Bio: Koichi Takeda has been leading the natural language processing and text analytics research in IBM Research - Tokyo for the last 30 years since he joined IBM. He has made numerous achievements in the filed, including an inter-lingual machine translation framework, a pattern-based machine translation framework, textual information visualization, and text mining. In 2003, he made the life science literature mining system for the entire MEDLINE citation data. He became the member of the Watson Question-Answering project in December 2007, and continues to work for the Watson applications.

10:30-11:00 Invited Talk (Dr. Nicoletta Calzolari)

"An excursus through policy issues: from dreams to reality"
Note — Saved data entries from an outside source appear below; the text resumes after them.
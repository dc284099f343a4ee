-- ===== src/Prelude/Tests.antt =====
-- Equality as an interface, Boolean tests, and the conditional.
use Prim.Native.Nat.{ℕ, compare, Ordering}
use Prim.Native.String.{String}
use mathlib.Core.Path.{◌≡◌, refl}
use mathlib.Core.Logic.{◌↔◌, ◌⊎◌, inl, inr}
use mathlib.Core.Bool.{Bool, true, false, not, ◌&&◌, ◌||◌, false≢true}
use mathlib.Core.Option.{Option, none, some}
use native.Mathlib.Omega.{arith}
use text.Mathlib.Text.{◌==◌ as str_eq}
use text.Mathlib.TextEquality.{eq_iff}

-- Go's `==` on a comparable type.
pub record Eq {ℓ} (A : Type ℓ) : Type ℓ where
  pub equal : A → A → Bool
  pub equal_iff : (a b : A) → (equal a b ≡ true) ↔ (a ≡ b)

infix 50 ◌==◌ ◌!=◌
abbrev pub ◌==◌ {ℓ} : {A : Type ℓ} ⦃e : Eq A⦄ → A → A → Bool
◌==◌ ⦃e⦄ = e.equal

abbrev pub ◌!=◌ {ℓ} : {A : Type ℓ} ⦃e : Eq A⦄ → A → A → Bool
◌!=◌ ⦃e⦄ a b = not (e.equal a b)

-- A test that passed, as an equation.
module _ {ℓ} {A : Type ℓ} ⦃e : Eq A⦄ (a b : A) where
  pub eq_of_== : (a == b) ≡ true → a ≡ b
  eq_of_== h = (e.equal_iff a b).0 h

  pub eq_of_!= : (a != b) ≡ false → a ≡ b
  eq_of_!= h = (e.equal_iff a b).0 (ground arith)

module _ {ℓ} {A : Type ℓ} ⦃e : Eq A⦄ (a : A) where
  pub ==_self : (a == a) ≡ true
  ==_self = (e.equal_iff a a).1 refl

  pub !=_self : (a != a) ≡ false
  !=_self = rw ==_self refl

abbrev pub nat_beq : ℕ → ℕ → Bool
nat_beq a b = elim (compare a b) [ Ordering.eq ↦ true | _ ↦ false ]

pub nat_beq_iff : (a b : ℕ) → (nat_beq a b ≡ true) ↔ (a ≡ b)
nat_beq_iff a b = ground arith

abbrev pub bool_beq : Bool → Bool → Bool
bool_beq true b = b
bool_beq false b = not b

pub bool_beq_iff : (a b : Bool) → (bool_beq a b ≡ true) ↔ (a ≡ b)
bool_beq_iff a b = ground arith

instance abbrev pub nat_eq : Eq ℕ
nat_eq = record { equal = nat_beq; equal_iff = nat_beq_iff }

instance abbrev pub bool_eq : Eq Bool
bool_eq = record { equal = bool_beq; equal_iff = bool_beq_iff }

instance abbrev pub string_eq : Eq String
string_eq = record { equal = str_eq; equal_iff = eq_iff }

abbrev pub ltb : ℕ → ℕ → Bool
ltb a b = elim (compare a b) [ Ordering.lt ↦ true | _ ↦ false ]

abbrev pub leb : ℕ → ℕ → Bool
leb a b = elim (compare a b) [ Ordering.gt ↦ false | _ ↦ true ]

infix 1 if◌then◌else◌
abbrev pub if◌then◌else◌ {ℓ} : {A : Type ℓ} → Bool → A → A → A
if true then x else y = x
if false then x else y = y

-- A split on a computed value that keeps the equation.
pub Bool-cases : (b : Bool) → (b ≡ true) ⊎ (b ≡ false)
Bool-cases true = inl refl
Bool-cases false = inr refl

pub Option-cases {ℓ} : {A : Type ℓ} (o : Option A) → (o ≡ none) ⊎ ((a : A) × (o ≡ some a))
Option-cases none = inl refl
Option-cases (some a) = inr (a, refl)

-- Equality of a type that a derived decision compares.
abbrev pub is_yes {ℓ} : {A : Type ℓ} → Dec A → Bool
is_yes (yes _) = true
is_yes (no _) = false

pub is_yes_iff {ℓ} : {A : Type ℓ} (d : Dec A) → (is_yes d ≡ true) ↔ A
is_yes_iff (yes a) = (λ _. a, λ _. refl)
is_yes_iff (no h) = (λ e. cc, λ a. absurd (h a))

abbrev pub derived_eq {ℓ} : {A : Type ℓ} → Discrete A → Eq A
derived_eq d = record { equal = λ a b. is_yes (d a b); equal_iff = λ a b. is_yes_iff (d a b) }

string_decision : (s t : String) (b : Bool) → ((b ≡ true) ↔ (s ≡ t)) → Dec (s ≡ t)
string_decision s t true e = yes (e.0 refl)
string_decision s t false e = no (λ p. false≢true (e.1 p))

unfoldable pub String_discrete : Discrete String
unfolding string_decision
String_discrete s t = string_decision s t (str_eq s t) (eq_iff s t)

-- Equality of a type that is a number and a text: a constructor's index, and its text if it has one.
module _ {ℓ} {A : Type ℓ} (code : A → ℕ) (text : A → String) where
  abbrev pub coded_beq : A → A → Bool
  coded_beq a b = nat_beq (code a) (code b) && str_eq (text a) (text b)

  and_parts : (p q : Bool) → (p && q) ≡ true → (p ≡ true) × (q ≡ true)
  and_parts p q h = ground arith

  pub coded_beq_iff :
      (decode : ℕ → String → A)
      → ((a : A) → decode (code a) (text a) ≡ a)
      → (a b : A) → (coded_beq a b ≡ true) ↔ (a ≡ b)
  coded_beq_iff decode retract a b = (
    λ h.
        let (same_code, same_text) = and_parts (nat_beq (code a) (code b)) _ h in
        cc (
          retract a,
          retract b,
          (nat_beq_iff (code a) (code b)).0 same_code,
          (eq_iff (text a) (text b)).0 same_text,
        ),
    λ e. rw e (rw ((nat_beq_iff (code b) (code b)).1 refl) ((eq_iff (text b) (text b)).1 refl)),
  )

pub holds_of_not : (b : Bool) → not b ≡ false → b ≡ true
holds_of_not b h = ground arith

-- A disjunction that fails has no alternative that holds.
pub none_of : (p q : Bool) → (p || q) ≡ false → (p ≡ false) × (q ≡ false)
none_of p q h = ground arith

-- Each part of a conjunction that holds.
pub both : (p q : Bool) → (p && q) ≡ true → (p ≡ true) × (q ≡ true)
both true q h = (refl, h)
both false q h = cc

module _ {ℓ} {A : Type ℓ} (b : Bool) (x y : A) where
  pub if_true : b ≡ true → (if b then x else y) ≡ x
  if_true h = ground arith

  pub if_false : b ≡ false → (if b then x else y) ≡ y
  if_false h = ground arith

-- A conditional that does not have its first value took its second.
pub past_if {ℓ} :
    {A : Type ℓ} (b : Bool) (x y : A) {a : A}
    → (x ≡ a → ⊥)
    → (if b then x else y) ≡ a
    → (b ≡ false) × (y ≡ a)
past_if true x y differs h = absurd (differs h)
past_if false x y differs h = (refl, h)
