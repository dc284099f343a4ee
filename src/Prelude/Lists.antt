-- ===== src/Prelude/Lists.antt =====
-- Lists measured and indexed by native numbers, under the library's names.
use Prim.Native.Nat.{ℕ, zero, suc, ◌+◌}
use mathlib.Core.Path.{◌≡◌, refl, sym, ◌∙◌, ap}
use mathlib.Core.Logic.{◌⊎◌, inl, inr}
use mathlib.Core.List.{List, [], ◌∷◌, ◌++◌, Memᴰ}
use mathlib.Core.List.Memᴰ.{head, tail}
use mathlib.Core.Option.{Option, none, some}
use mathlib.Core.Bool.{Bool, true, false, ◌||◌, ◌&&◌}
use agent_dock_coedx5_6sol.Prelude.Tests.{Bool-cases, both}
use native.Mathlib.Omega.{arith}

module _ {ℓ} {A : Type ℓ} where
  abbrev pub length : List A → ℕ
  length [] = 0
  length (x ∷ xs) = suc (length xs)

  abbrev pub get_elem? : List A → ℕ → Option A
  get_elem? [] i = none
  get_elem? (x ∷ xs) zero = some x
  get_elem? (x ∷ xs) (suc i) = get_elem? xs i

  abbrev pub get_or : List A → ℕ → A → A
  get_or [] i d = d
  get_or (x ∷ xs) zero d = x
  get_or (x ∷ xs) (suc i) d = get_or xs i d

  abbrev pub any : (A → Bool) → List A → Bool
  any p [] = false
  any p (x ∷ xs) = p x || any p xs

  abbrev pub all : (A → Bool) → List A → Bool
  all p [] = true
  all p (x ∷ xs) = p x && all p xs

  -- A test that some element passes.
  pub any-Memᴰ : (p : A → Bool) (xs : List A) → any p xs ≡ true → (x : A) × Memᴰ x xs × (p x ≡ true)
  any-Memᴰ p [] h = cc h
  any-Memᴰ p (x ∷ xs) h = elim (Bool-cases (p x)) [
    | inl here ↦ (x, head refl, here)
    | inr there ↦
        let (y, at, holds) = any-Memᴰ p xs (rest (p x) (any p xs) there h) in (y, tail at, holds)
  ]
    where
      rest : (a b : Bool) → a ≡ false → (a || b) ≡ true → b ≡ true
      rest a b off h = ground arith

  pub any_of_Memᴰ : (p : A → Bool) (xs : List A) {x : A} → Memᴰ x xs → p x ≡ true → any p xs ≡ true
  any_of_Memᴰ p [] m h = elim m [ ]
  any_of_Memᴰ p (y ∷ xs) (head e) h = rw (sym (ap p e), h) refl
  any_of_Memᴰ p (y ∷ xs) (tail m) h = last (p y) (any p xs) (any_of_Memᴰ p xs m h)
    where
      last : (a b : Bool) → b ≡ true → (a || b) ≡ true
      last a b h = ground arith

  -- A test that every element passes.
  pub all-Memᴰ : (p : A → Bool) (xs : List A) {x : A} → all p xs ≡ true → Memᴰ x xs → p x ≡ true
  all-Memᴰ p [] h m = elim m [ ]
  all-Memᴰ p (y ∷ xs) h (head e) = ap p e ∙ (both (p y) (all p xs) h).0
  all-Memᴰ p (y ∷ xs) h (tail m) = all-Memᴰ p xs (both (p y) (all p xs) h).1 m

  pub all_of_Memᴰ :
      (p : A → Bool) (xs : List A) → ((x : A) → Memᴰ x xs → p x ≡ true) → all p xs ≡ true
  all_of_Memᴰ p [] h = refl
  all_of_Memᴰ p (y ∷ xs) h = rw (h y (head refl), all_of_Memᴰ p xs (λ x m. h x (tail m))) refl

  pub length-append : (xs ys : List A) → length (xs ++ ys) ≡ length xs + length ys
  length-append [] ys = omega arith
  length-append (x ∷ xs) ys = omega (arith, length-append xs ys)

  pub get_elem?-append_last : (xs : List A) (x : A) → get_elem? (xs ++ x ∷ []) (length xs) ≡ some x
  get_elem?-append_last [] x = refl
  get_elem?-append_last (y ∷ xs) x = get_elem?-append_last xs x

  pub get_elem?-append_left :
      (xs ys : List A) (i : ℕ) {x : A} → get_elem? xs i ≡ some x → get_elem? (xs ++ ys) i ≡ some x
  get_elem?-append_left [] ys i h = cc h
  get_elem?-append_left (y ∷ xs) ys zero h = h
  get_elem?-append_left (y ∷ xs) ys (suc i) h = get_elem?-append_left xs ys i h

  -- An element of a list with one more at its end is of the list, or is that one.
  pub get_elem?-snoc :
      (xs : List A) (y : A) (i : ℕ) {x : A}
      → get_elem? (xs ++ y ∷ []) i ≡ some x
      → (get_elem? xs i ≡ some x) ⊎ ((i ≡ length xs) × (x ≡ y))
  get_elem?-snoc [] y zero h = inr (refl, cc h)
  get_elem?-snoc [] y (suc i) h = cc h
  get_elem?-snoc (x ∷ xs) y zero h = inl h
  get_elem?-snoc (x ∷ xs) y (suc i) h = elim (get_elem?-snoc xs y i h) [
    | inl q ↦ inl q
    | inr (p, q) ↦ inr (ap suc p, q)
  ]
Abstract: Language Technology (LT) is a data-intensive field and major breakthroughs have stemmed from a better use of more and more Language Resources (LRs). The challenges ahead depend on a coherent strategy involving not only the best methods and technologies but also many LR related dimensions.
I will highlight some policy issues that must be considered when making up a strategy for the future of the field: issues such as sharing resources, services and tools, adopting the paradigm of accumulation of knowledge and allowing replicability of research results.
In the paradigm of open, distributed language infrastructures based on sharing LRs, services and tools, the only way for our field to achieve the status of a mature science lies in initiatives enabling to join forces both in the creation of large LR pools and in big collaborative experiments using these LRs. This will serve better the needs of language applications, enabling building on each other achievements, integrating results (also with Linked Data), and having them accessible to various systems.
This requires also an effort to push towards a culture of "service to the community" where everyone has to contribute. This "cultural change" is not a minor issue. In this respect I will point out how initiatives like the LRE Map, Share your LRs, ISLRN, are steps towards promoting the concept of Open Science. I will therefore highlight the role of ELRA and LREC in pushing towards this vision.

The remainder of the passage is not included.